Sources And Sinks: Emission And Absorption Of Greenhouse Gas, A Case Study In Italy
Free (open access)
N. Marchettini, F. M. Pulselli & E. Tiezzi
The biosphere is a closed thermodynamic system: it receives an enormous flux of energy from outside while the exchange of matter with the outside is practically negligible. Life on Earth is continuously assured by this flux of energy from the Sun (source), as well as by the capacity of dissipating heat in the outer spaces (sink), as efficiently formalized by the entropic model by Harold Morowitz. This makes life possible and is the reason why large changes induced artificially by man in periods that are brief on the scale of biological time are so dangerous. For this reason it is important to develop methods able to detect how much human activity affects the natural flow of energy from the source to the sink.

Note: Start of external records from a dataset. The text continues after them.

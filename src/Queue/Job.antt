-- ===== src/Queue/Job.antt =====
-- A job's way through the queue: enqueue, drain, deliver, release or dead-letter.
pub mod Laws
pub mod Inbox
pub mod Drain
use fragments_engine.Common.{
  ℕ, zero, suc, String, Bool, true, false, Option, none, some, List, [], ◌∷◌, str_eq, ◌&&◌,
  if◌then◌else◌,
}
use fragments_engine.Common.Int.{ℤ, pos, leb_ℤ}
use fragments_engine.Common.Error.{Err, wrap, Result, ok, err}
use fragments_engine.Delivery.Types.{
  Destination, DeliveryRetryConfig, routed, Fragment, FragmentAttachment, PublishedAttachment,
  DeliveryResult,
}
use fragments_engine.Store.Action.{
  World, Action, pure, raise, query, attempt, wrapped, QueueJobEvent, RouteLogEntry, Reason, ◌>>=◌,
  ◌>>◌,
}
use fragments_engine.Store.Statements.{
  remove, log_decision, get_destination, get_by_id, list_attachments, update_status,
  update_storage_paths, insert_event,
}
use fragments_engine.Routing.Reason.{
  encode_queued_delivery_success, encode_queued_delivery_dead_letter,
}
use fragments_engine.Routing.RunMatch.{execute_destination}
use fragments_engine.Queue.Types.{
  DeliveryJobPayload, QueuedJob, FailedJob, Driver, DeliveryQueueService,
}

-- Both of `deliveryQueueName` and `deliveryQueueJobKey`.
abbrev pub delivery_queue_name : String
delivery_queue_name = "destination_delivery"

abbrev pub max_tries_of : ℤ → ℤ
max_tries_of n = if leb_ℤ n (pos 0) then pos 3 else n

-- `queueEventDetail`.
pub record QueueEventDetail : Type 0 where
  pub error : Option Err
  pub attempts : ℕ
  pub ref : String

abbrev pub no_detail : QueueEventDetail
no_detail = record { error = none; attempts = 0; ref = "" }

abbrev pub event_of : ℕ → Option ℕ → DeliveryJobPayload → String → QueueEventDetail → QueueJobEvent
event_of now failed_job_id payload event_type detail = record {
  failed_job_id = failed_job_id;
  fragment_id = payload.fragment_id;
  route_id = payload.route_id;
  destination_id = payload.destination_id;
  event_type = event_type;
  attempts = detail.attempts;
  error = detail.error;
  ref = detail.ref;
  created_at = now;
}

abbrev job_entry : ℕ → DeliveryJobPayload → String → Reason → RouteLogEntry
job_entry now payload decision reason = record {
  fragment_id = payload.fragment_id;
  route_id = payload.route_id;
  destination_id = payload.destination_id;
  decision = decision;
  reason = reason;
  created_at = now;
}

-- `json_extract` of one field is the text given.
abbrev extracts : Option String → String → Bool
extracts none s = false
extracts (some t) s = str_eq t s

-- The answer of `Drain`, whose count is there in an error case too, and the tables after it.
abbrev pub Drained : Type 0 → Type 0
Drained Q = (ℕ × Option Err) × World Q

abbrev pub payload_of : String → String → String → DeliveryRetryConfig → DeliveryJobPayload
payload_of fragment_id route_id destination_id retry = record {
  fragment_id = fragment_id;
  route_id = route_id;
  destination_id = destination_id;
  backoff_ms = retry.backoff_ms;
}

module _ {Q : Type 0} where
  -- `time.Now()`.
  unfoldable pub now : Action Q ℕ
  now w = (ok w.now, w)

  unfoldable pub log_event :
      Option ℕ → DeliveryJobPayload → String → QueueEventDetail → Action Q (Unit {0})
  unfolding now
  log_event failed_job_id payload event_type detail = do
    t ← now
    wrapped "insert queue event" (insert_event (event_of t failed_job_id payload event_type detail))

  unfoldable pub enqueue_destination_retry :
      DeliveryQueueService Q → String → String → String → DeliveryRetryConfig → Action Q (Unit {0})
  enqueue_destination_retry s fragment_id route_id destination_id retry = do
    let payload = payload_of fragment_id route_id destination_id retry
    s.driver.push delivery_queue_name (s.driver.encode_payload payload) delivery_queue_name
        (max_tries_of retry.max_attempts)
    wrapped "log enqueue queue event" (log_event none payload "enqueue" no_detail)

  -- The newest dead letter of the fragment at the destination; the list stands newest first.
  newest_failed : Driver Q → DeliveryJobPayload → List FailedJob → Option ℕ
  newest_failed d payload [] = none
  newest_failed d payload (job ∷ jobs) =
      let rest = newest_failed d payload jobs in
      if str_eq job.queue delivery_queue_name
        && str_eq job.job_type delivery_queue_name
        && extracts (d.extract job.payload "fragment_id") payload.fragment_id
        && extracts (d.extract job.payload "destination_id") payload.destination_id
      then some job.id
      else rest

  unfoldable pub fail_job :
      DeliveryQueueService Q → QueuedJob → DeliveryJobPayload → Err → Action Q (Unit {0})
  unfolding newest_failed now
  fail_job s job payload e = do
    wrapped "mark delivery job failed" (s.driver.failed job e)
    failed_job_id ←
        attempt (query λ w. ok (newest_failed s.driver payload (s.driver.failed_jobs w.queue))) pure
          (λ _. pure none)
    t ← now
    wrapped "log queued delivery dead-letter" (
        log_decision
          (job_entry t payload "inbox" (encode_queued_delivery_dead_letter job.attempts e)))
    wrapped "log dead-letter queue event" (
        log_event failed_job_id payload "dead_letter"
          (record { error = some e; attempts = job.attempts; ref = "" }))

  paths_of_job : Bool → String → List PublishedAttachment → Action Q (Unit {0})
  paths_of_job false fragment_id ps = pure tt
  paths_of_job true fragment_id [] = pure tt
  paths_of_job true fragment_id (p ∷ ps) =
      wrapped "update queued attachment storage paths" (update_storage_paths fragment_id (p ∷ ps))

  log_settled :
      DeliveryQueueService Q → QueuedJob → DeliveryJobPayload → DeliveryResult → Action Q (Unit {0})
  unfolding now
  log_settled s job payload result = do
    t ← now
    wrapped "log queued delivery success" (
        log_decision (
          job_entry t payload "queued_route"
            (encode_queued_delivery_success result.attempts result.ref)))
    wrapped "delete queued job" (s.driver.delete job.id)
    wrapped "log delivered queue event" (
        log_event none payload "delivered"
          (record { error = none; attempts = result.attempts; ref = result.ref }))

  -- The end of `processJob`, after the delivery.
  settle_job :
      DeliveryQueueService Q
      → QueuedJob
      → DeliveryJobPayload
      → DeliveryResult × Option Err
      → Action Q (Unit {0})
  settle_job s job payload (result, none) = do
    wrapped "update routed status" (update_status payload.fragment_id routed)
    paths_of_job s.has_attachments payload.fragment_id result.published_attachments
    wrapped "remove inbox item" (remove payload.fragment_id)
    log_settled s job payload result
  settle_job s job payload (result, some e) =
      if leb_ℤ (max_tries_of job.max_tries) (pos job.attempts)
      then fail_job s job payload e
      else wrapped "release queued job" (s.driver.release job.id payload.backoff_ms)

  job_attachments : Bool → String → Action Q (List FragmentAttachment)
  job_attachments false fragment_id = pure []
  job_attachments true fragment_id = list_attachments fragment_id

  deliver_job :
      DeliveryQueueService Q → QueuedJob → DeliveryJobPayload → Fragment → Action Q (Unit {0})
  deliver_job s job payload fragment =
      attempt (get_destination payload.destination_id)
        (λ destination.
          attempt (job_attachments s.has_attachments payload.fragment_id)
            (λ attachments.
              execute_destination s.outside destination (record fragment { status = routed })
                attachments
              >>= settle_job s job payload)
            (λ e. fail_job s job payload (wrap "get attachments" e)))
        (λ e. fail_job s job payload (wrap "get destination" e))

  process_decoded :
      DeliveryQueueService Q → QueuedJob → Result DeliveryJobPayload → Action Q (Unit {0})
  process_decoded s job (err e) =
      attempt (s.driver.failed job e) (λ _. raise (wrap "decode delivery job payload" e))
        (λ _. raise (wrap "decode delivery job payload" e))
  process_decoded s job (ok payload) =
      attempt (get_by_id payload.fragment_id)
        (λ fragment. deliver_job s job (record payload { fragment_id = fragment.id }) fragment)
        (λ e. fail_job s job payload (wrap "get fragment" e))

  unfoldable pub process_job : DeliveryQueueService Q → QueuedJob → Action Q (Unit {0})
  unfolding process_decoded deliver_job job_attachments settle_job log_settled paths_of_job fail_job
      now
  process_job s job = process_decoded s job (s.driver.decode_payload job.payload)

  after_job : (ℕ → World Q → Drained Q) → ℕ → Result (Unit {0}) × World Q → Drained Q
  after_job again processed (err e, w) = ((processed, some e), w)
  after_job again processed (ok done, w) = again (suc processed) w

  after_pop :
      DeliveryQueueService Q
      → (ℕ → World Q → Drained Q)
      → ℕ
      → Result (Option QueuedJob) × World Q
      → Drained Q
  after_pop s again processed (err e, w) = ((processed, some (wrap "pop delivery job" e)), w)
  after_pop s again processed (ok none, w) = ((processed, none), w)
  after_pop s again processed (ok (some job), w) = after_job again processed (process_job s job w)

  drain_loop : DeliveryQueueService Q → ℕ → ℕ → World Q → Drained Q
  drain_loop s zero processed w = ((processed, none), w)
  drain_loop s (suc left) processed w =
      after_pop s (drain_loop s left) processed (s.driver.pop delivery_queue_name w)

  -- `Drain` for a limit above 0. The call without a limit, which ends only when the queue is empty,
  -- is left out.
  unfoldable pub drain : DeliveryQueueService Q → ℕ → World Q → Drained Q
  unfolding drain_loop after_pop after_job
  drain s limit w = drain_loop s limit 0 w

Nowadays one of the points of major debate in international issues is the problem of the greenhouse effect and related climate change, as well as the main cause of the problem: massive fuel consumption. This paper presents the results of a Greenhouse Gas Inventory, calculated for the complex territorial system of the province of Siena (central Italy) according to the Revised 1996 IPCC Guidelines for National Greenhouse Gas Inventories. It is a method of assigning the responsibility of greenhouse gas emissions at local level and it suggests how to improve public policies in terms of resources and land use by the comparison of emissions and natural absorption of equivalent CO2. The paper also emphasizes how the diversities in terms of environmental characteristics, urban areas management and economic propensities within a territory can be a good model to follow towards sustainable development. Keywords: thermodynamics; solar energy; greenhouse gas inventory; sustainable development.
thermodynamics; solar energy; greenhouse gas inventory; sustainable development.